## Work request
Give again, exactly as written, each line of the material below starting at the line that contains "-- Values for the settings in question." and ending at the line that contains "-- A health". Both ends count, and no other line does.
--- START ---
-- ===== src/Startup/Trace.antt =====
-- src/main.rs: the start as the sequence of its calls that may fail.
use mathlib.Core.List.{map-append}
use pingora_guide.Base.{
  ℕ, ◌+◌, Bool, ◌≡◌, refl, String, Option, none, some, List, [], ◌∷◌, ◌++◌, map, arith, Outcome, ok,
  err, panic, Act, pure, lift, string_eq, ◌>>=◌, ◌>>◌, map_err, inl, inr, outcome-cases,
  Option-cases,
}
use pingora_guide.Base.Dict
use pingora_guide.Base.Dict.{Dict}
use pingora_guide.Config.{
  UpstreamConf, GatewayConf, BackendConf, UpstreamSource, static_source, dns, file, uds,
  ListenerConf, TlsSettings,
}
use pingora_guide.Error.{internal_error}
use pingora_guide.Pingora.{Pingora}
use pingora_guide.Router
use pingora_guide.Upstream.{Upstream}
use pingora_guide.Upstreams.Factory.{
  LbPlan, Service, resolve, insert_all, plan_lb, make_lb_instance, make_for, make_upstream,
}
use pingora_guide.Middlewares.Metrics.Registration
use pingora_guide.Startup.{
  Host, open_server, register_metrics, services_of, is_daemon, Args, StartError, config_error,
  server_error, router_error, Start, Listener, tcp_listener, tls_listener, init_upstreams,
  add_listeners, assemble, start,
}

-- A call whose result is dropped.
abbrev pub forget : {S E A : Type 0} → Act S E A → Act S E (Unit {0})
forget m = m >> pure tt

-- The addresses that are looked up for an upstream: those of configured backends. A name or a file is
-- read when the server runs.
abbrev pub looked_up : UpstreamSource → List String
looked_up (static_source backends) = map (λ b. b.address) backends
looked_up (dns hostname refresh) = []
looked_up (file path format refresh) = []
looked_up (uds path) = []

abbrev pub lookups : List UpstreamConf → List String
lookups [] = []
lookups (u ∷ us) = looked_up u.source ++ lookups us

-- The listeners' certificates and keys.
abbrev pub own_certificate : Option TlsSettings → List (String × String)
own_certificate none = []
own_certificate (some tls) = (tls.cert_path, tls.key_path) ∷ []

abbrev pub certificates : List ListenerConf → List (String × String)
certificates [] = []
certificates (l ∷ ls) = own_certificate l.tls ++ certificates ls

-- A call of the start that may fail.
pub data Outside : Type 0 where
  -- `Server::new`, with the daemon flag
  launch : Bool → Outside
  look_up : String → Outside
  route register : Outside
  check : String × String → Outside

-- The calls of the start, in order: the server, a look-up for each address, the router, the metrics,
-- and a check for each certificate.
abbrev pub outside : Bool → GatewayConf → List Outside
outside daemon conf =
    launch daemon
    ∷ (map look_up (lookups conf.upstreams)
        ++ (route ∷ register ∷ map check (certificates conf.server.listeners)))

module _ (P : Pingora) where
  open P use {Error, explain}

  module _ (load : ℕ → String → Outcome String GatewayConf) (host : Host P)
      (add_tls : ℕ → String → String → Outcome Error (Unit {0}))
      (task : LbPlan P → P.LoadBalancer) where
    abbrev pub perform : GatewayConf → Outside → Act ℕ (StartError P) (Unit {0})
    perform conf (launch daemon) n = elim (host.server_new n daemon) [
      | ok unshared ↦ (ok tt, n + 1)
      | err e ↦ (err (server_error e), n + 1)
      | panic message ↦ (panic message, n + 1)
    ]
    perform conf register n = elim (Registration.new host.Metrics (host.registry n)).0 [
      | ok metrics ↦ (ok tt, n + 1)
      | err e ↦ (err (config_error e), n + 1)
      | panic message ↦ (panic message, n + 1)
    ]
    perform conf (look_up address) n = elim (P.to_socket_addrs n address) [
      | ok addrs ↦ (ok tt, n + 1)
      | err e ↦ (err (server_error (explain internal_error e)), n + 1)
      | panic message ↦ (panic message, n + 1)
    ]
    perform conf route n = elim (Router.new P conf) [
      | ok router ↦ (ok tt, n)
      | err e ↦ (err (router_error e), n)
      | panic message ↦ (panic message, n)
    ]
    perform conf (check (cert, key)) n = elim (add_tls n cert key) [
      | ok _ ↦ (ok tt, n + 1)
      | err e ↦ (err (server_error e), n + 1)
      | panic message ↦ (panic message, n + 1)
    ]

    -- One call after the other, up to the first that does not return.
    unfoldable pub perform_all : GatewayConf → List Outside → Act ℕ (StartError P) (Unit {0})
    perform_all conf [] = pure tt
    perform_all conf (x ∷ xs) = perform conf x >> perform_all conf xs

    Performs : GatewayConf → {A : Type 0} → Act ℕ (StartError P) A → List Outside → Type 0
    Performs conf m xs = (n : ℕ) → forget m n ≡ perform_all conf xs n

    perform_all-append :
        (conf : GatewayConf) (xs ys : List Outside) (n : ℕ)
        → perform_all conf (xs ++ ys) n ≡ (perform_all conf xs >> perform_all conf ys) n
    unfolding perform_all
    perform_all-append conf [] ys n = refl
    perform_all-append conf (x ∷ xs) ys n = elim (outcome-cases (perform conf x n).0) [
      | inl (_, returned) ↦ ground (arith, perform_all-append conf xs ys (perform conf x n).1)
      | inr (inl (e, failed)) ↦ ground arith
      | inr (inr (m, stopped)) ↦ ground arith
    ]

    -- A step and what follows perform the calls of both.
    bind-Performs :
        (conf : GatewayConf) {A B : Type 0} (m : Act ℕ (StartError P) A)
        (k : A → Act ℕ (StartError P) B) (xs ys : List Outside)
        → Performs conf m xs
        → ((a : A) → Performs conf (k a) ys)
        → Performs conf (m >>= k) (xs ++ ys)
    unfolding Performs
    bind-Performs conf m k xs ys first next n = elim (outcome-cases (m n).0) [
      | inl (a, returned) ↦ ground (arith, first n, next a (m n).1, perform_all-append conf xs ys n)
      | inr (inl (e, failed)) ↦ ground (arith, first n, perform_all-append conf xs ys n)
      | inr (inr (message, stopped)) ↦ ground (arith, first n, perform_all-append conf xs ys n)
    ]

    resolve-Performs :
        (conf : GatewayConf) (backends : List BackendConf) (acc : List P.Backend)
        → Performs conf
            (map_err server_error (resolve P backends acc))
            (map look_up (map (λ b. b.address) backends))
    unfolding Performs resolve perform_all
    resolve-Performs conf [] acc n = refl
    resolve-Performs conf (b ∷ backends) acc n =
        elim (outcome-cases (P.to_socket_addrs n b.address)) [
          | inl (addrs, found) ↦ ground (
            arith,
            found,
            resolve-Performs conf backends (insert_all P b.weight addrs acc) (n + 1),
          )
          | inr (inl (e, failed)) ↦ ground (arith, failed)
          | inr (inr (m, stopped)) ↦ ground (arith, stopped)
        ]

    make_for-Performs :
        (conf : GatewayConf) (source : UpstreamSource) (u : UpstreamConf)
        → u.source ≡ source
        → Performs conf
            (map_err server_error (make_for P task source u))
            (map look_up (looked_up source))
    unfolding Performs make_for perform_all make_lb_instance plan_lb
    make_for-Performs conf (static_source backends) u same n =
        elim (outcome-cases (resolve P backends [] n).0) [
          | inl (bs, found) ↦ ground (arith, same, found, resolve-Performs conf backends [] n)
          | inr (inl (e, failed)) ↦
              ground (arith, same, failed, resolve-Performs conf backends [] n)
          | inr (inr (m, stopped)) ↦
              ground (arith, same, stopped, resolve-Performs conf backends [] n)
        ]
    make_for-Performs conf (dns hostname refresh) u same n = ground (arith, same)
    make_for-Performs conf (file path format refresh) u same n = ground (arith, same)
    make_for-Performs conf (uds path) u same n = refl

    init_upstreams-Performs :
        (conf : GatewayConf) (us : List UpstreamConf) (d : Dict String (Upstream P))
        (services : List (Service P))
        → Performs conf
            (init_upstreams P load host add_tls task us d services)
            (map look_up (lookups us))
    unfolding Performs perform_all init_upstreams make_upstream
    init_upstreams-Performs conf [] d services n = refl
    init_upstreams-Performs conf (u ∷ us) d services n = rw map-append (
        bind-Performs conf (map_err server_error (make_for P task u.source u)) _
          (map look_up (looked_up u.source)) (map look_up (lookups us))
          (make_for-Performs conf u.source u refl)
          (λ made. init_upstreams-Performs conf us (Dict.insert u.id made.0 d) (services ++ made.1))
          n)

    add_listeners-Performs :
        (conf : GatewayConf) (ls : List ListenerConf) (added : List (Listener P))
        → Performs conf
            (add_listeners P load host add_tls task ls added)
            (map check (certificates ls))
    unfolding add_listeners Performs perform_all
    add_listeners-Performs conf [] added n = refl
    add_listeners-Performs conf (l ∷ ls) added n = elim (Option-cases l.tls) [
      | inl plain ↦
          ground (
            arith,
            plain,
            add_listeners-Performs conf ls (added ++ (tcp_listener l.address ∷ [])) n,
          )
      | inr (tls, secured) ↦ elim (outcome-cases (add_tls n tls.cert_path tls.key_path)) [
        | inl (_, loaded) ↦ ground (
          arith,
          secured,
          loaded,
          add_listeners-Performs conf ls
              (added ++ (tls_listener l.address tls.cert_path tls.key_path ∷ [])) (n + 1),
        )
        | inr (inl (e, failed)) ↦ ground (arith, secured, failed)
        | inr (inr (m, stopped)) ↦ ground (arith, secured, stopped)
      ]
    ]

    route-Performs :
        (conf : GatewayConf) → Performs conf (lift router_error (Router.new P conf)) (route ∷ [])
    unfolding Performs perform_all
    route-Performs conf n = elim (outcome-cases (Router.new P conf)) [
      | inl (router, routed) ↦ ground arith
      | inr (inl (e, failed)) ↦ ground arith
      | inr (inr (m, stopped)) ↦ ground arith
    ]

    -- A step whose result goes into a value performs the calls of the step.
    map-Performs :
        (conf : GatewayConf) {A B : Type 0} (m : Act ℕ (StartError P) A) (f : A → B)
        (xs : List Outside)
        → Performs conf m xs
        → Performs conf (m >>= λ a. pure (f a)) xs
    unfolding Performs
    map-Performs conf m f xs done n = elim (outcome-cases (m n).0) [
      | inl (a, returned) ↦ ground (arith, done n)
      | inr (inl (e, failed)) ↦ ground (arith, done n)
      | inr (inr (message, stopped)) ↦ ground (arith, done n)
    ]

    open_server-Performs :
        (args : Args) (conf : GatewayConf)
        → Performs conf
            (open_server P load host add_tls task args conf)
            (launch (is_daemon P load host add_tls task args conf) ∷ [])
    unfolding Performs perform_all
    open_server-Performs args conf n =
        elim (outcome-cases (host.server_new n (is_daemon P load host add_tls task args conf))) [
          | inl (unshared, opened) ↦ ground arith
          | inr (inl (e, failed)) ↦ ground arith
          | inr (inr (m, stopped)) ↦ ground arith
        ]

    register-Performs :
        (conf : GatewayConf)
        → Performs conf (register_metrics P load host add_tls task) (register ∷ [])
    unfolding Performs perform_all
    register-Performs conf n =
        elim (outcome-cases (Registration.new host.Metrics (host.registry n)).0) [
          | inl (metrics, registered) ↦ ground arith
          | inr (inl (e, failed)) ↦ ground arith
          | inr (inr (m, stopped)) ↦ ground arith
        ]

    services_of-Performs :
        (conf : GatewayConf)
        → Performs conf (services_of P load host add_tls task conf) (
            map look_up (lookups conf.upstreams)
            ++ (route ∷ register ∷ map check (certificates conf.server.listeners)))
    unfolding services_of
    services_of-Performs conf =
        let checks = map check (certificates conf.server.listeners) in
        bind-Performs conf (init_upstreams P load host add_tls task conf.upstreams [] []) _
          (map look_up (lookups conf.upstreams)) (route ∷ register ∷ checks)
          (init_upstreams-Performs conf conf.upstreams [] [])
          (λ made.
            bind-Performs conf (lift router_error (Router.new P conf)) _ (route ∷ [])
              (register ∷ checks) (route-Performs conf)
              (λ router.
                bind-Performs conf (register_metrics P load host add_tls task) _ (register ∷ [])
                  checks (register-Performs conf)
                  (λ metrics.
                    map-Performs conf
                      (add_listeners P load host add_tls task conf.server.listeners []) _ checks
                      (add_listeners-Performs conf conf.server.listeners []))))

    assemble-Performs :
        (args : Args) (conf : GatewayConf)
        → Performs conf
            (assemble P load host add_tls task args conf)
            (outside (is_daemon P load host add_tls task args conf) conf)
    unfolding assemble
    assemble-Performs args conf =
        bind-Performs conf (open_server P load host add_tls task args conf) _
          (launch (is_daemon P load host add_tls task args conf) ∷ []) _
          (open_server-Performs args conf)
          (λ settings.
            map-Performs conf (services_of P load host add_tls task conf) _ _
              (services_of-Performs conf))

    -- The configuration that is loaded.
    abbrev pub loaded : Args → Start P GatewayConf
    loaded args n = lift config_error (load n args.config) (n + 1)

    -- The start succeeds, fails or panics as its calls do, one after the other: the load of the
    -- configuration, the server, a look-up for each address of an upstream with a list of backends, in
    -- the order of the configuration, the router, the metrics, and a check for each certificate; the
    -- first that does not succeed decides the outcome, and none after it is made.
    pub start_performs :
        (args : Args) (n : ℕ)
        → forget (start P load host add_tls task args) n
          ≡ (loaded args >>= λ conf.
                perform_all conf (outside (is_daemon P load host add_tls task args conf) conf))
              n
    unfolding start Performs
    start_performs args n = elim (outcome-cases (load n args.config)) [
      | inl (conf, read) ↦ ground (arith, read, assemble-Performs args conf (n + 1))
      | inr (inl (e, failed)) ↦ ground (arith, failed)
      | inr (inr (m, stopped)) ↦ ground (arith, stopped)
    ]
--- END ---
--- START ---
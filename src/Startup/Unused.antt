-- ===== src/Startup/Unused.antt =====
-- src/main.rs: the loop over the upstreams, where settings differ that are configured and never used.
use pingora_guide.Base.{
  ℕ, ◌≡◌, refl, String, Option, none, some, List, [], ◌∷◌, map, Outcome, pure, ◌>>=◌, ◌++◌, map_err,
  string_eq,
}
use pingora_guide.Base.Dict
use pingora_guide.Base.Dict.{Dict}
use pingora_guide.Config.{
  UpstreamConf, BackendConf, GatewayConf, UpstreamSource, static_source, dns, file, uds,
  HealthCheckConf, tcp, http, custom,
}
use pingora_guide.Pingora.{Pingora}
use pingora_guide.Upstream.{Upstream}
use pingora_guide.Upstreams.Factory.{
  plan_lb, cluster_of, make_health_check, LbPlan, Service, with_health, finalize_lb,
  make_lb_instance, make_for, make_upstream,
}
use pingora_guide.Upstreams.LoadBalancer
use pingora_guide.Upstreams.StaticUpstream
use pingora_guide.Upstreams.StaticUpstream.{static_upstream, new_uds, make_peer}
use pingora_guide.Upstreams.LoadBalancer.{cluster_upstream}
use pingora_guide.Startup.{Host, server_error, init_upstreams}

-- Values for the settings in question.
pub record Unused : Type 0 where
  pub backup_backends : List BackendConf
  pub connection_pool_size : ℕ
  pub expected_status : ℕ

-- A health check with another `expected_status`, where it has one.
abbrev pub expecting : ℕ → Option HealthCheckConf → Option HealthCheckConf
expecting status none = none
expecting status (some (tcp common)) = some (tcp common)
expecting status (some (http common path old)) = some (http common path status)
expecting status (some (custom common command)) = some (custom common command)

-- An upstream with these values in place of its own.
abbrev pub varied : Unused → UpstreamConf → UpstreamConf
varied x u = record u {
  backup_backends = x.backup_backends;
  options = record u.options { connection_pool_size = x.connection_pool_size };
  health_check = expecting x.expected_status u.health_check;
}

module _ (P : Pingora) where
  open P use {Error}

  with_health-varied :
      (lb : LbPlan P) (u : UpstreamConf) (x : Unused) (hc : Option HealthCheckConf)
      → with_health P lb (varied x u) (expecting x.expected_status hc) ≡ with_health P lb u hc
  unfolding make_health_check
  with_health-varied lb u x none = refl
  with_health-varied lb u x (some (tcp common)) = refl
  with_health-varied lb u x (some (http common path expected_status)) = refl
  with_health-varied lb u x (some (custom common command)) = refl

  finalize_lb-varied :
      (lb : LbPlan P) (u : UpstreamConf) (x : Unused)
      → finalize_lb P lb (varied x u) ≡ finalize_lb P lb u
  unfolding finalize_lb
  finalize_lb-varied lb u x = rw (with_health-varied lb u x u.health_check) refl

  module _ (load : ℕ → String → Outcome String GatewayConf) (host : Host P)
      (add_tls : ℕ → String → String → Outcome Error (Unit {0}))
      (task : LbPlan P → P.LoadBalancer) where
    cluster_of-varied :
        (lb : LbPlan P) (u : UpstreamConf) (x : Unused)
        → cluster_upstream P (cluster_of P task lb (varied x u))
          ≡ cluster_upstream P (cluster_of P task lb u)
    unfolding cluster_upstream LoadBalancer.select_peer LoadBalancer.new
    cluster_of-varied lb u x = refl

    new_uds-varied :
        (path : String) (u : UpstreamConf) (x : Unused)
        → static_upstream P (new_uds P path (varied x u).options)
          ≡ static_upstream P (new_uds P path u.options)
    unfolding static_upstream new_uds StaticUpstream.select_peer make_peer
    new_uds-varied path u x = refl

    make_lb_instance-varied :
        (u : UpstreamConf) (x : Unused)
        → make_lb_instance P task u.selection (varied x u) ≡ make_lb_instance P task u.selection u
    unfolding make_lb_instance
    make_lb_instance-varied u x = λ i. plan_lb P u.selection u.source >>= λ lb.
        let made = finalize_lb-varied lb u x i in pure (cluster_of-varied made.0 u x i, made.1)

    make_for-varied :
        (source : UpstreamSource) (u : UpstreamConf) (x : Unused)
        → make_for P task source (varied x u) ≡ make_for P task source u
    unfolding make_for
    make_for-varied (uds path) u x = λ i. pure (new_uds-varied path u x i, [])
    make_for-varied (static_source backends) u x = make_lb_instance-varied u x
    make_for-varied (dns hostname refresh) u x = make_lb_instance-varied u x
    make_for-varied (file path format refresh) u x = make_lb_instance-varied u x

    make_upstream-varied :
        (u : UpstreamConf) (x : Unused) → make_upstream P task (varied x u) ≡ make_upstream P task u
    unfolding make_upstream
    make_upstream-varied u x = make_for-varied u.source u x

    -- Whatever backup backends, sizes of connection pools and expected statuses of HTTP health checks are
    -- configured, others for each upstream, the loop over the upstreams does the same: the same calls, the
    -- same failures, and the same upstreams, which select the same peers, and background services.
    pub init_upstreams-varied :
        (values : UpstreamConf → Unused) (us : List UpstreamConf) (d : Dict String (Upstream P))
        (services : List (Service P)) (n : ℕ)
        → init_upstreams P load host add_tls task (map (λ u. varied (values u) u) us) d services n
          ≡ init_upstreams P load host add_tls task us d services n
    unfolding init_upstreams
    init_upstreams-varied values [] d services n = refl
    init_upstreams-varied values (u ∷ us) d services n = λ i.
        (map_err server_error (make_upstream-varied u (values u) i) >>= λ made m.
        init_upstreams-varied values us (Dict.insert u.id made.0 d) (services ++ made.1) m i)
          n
--- END ---
--- START ---
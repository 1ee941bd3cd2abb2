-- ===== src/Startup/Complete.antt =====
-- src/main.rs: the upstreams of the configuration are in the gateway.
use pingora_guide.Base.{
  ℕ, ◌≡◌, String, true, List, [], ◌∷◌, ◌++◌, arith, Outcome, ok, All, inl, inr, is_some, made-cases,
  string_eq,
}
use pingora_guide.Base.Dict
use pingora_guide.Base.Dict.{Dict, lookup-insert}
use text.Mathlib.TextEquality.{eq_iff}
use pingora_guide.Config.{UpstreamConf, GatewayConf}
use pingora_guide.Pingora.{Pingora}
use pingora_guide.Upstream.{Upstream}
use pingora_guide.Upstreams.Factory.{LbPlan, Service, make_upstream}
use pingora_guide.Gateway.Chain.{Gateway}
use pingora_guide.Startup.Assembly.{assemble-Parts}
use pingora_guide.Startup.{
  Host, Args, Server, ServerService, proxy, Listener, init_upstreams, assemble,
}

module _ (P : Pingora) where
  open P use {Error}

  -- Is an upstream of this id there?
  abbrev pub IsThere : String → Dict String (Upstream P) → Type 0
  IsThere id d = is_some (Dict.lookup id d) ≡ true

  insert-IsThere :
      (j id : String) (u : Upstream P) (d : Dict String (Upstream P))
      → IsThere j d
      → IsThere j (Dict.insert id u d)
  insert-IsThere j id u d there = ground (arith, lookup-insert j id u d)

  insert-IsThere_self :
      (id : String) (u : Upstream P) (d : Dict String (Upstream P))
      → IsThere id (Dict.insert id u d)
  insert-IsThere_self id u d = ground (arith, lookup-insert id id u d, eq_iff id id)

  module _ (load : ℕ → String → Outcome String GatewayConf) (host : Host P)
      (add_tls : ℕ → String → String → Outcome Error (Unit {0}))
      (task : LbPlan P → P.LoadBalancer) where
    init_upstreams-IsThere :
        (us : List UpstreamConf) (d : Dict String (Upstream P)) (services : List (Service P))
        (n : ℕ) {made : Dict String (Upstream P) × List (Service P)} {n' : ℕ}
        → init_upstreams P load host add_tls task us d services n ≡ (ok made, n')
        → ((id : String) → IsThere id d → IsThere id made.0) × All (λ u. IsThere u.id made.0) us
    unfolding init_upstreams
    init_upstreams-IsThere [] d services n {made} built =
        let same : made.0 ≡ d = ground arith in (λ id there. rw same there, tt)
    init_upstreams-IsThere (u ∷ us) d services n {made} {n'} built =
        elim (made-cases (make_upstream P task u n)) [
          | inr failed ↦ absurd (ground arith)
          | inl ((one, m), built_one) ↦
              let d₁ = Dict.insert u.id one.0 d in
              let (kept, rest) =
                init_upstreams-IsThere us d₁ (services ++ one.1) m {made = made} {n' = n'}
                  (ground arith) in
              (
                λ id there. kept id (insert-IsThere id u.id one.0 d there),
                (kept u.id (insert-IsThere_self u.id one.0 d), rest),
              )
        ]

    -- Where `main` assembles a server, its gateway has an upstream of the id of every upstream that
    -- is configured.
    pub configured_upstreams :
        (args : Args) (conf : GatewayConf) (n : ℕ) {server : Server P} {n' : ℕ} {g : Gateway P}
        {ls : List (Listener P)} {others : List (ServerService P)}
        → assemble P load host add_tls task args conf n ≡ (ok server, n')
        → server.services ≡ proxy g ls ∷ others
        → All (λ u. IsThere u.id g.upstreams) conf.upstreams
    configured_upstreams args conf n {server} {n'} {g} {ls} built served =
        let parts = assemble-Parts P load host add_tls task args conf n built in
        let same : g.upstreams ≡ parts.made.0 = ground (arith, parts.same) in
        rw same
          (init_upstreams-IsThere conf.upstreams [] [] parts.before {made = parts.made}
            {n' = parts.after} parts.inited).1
--- END ---
## Answer box
-- Values for the settings in question.
pub record Unused : Type 0 where
  pub backup_backends : List BackendConf
  pub connection_pool_size : ℕ
  pub expected_status : ℕ

-- A health check with another `expected_status`, where it has one.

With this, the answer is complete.